## Data shown
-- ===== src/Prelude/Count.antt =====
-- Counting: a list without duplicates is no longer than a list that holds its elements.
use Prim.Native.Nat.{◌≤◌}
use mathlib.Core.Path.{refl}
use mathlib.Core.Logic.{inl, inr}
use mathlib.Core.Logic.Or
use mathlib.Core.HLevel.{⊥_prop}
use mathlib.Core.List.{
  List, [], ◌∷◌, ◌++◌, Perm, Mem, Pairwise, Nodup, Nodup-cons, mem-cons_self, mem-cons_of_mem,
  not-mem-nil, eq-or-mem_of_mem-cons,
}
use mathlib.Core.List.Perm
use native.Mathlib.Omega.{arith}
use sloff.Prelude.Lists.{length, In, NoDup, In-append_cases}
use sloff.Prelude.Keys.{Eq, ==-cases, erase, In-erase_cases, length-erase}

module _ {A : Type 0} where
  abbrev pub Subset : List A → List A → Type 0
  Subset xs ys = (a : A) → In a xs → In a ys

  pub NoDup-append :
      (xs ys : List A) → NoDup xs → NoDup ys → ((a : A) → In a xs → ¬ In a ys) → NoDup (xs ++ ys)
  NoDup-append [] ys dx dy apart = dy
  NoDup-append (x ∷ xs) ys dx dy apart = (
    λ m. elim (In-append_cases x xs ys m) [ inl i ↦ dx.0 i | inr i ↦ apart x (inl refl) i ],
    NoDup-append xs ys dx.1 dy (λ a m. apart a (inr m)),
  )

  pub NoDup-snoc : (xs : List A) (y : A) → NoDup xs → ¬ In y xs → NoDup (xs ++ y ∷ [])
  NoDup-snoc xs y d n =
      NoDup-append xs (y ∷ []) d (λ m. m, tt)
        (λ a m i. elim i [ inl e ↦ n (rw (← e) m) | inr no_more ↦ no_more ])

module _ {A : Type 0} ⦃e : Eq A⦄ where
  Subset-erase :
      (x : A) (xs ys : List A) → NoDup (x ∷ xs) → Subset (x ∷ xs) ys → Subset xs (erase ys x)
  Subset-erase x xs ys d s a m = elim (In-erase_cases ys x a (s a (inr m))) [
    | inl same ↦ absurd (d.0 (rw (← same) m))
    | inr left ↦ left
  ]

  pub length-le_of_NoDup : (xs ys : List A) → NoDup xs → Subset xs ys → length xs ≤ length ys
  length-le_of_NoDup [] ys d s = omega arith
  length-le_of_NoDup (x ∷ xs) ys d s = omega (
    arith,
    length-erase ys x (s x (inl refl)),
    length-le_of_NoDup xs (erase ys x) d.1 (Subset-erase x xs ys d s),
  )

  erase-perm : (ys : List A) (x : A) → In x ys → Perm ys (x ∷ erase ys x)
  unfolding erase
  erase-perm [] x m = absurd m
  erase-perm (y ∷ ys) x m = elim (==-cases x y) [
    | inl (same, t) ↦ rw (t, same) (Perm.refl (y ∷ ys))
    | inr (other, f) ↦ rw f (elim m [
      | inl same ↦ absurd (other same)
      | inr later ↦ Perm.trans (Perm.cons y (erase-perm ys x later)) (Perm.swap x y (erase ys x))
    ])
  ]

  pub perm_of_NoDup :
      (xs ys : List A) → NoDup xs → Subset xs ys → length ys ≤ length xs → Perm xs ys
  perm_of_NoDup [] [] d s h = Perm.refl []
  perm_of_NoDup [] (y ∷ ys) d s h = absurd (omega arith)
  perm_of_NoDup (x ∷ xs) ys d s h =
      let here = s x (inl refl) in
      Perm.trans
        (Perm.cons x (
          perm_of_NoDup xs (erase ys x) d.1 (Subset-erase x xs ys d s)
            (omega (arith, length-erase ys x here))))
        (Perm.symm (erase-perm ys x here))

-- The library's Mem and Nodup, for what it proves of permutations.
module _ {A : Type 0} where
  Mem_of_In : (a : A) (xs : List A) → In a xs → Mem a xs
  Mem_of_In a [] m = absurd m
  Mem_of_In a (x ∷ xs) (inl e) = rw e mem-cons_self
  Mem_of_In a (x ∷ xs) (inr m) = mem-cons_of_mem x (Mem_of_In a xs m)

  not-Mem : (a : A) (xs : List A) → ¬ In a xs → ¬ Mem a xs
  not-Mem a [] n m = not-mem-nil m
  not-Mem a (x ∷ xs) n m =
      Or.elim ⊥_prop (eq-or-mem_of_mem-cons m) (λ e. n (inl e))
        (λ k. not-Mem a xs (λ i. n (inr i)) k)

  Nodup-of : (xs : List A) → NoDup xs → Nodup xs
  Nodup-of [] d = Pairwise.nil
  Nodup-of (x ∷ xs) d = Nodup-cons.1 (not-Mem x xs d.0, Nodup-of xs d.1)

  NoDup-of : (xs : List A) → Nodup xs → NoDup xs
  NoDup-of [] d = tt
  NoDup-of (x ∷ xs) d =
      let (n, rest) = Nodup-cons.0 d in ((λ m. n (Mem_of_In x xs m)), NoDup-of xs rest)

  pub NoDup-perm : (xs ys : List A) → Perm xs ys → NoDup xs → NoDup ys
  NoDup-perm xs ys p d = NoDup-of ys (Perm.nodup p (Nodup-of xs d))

## What you need to do
Determine how many lines of the data above contain the string "Logic", and answer with the number only.

## Completed task
2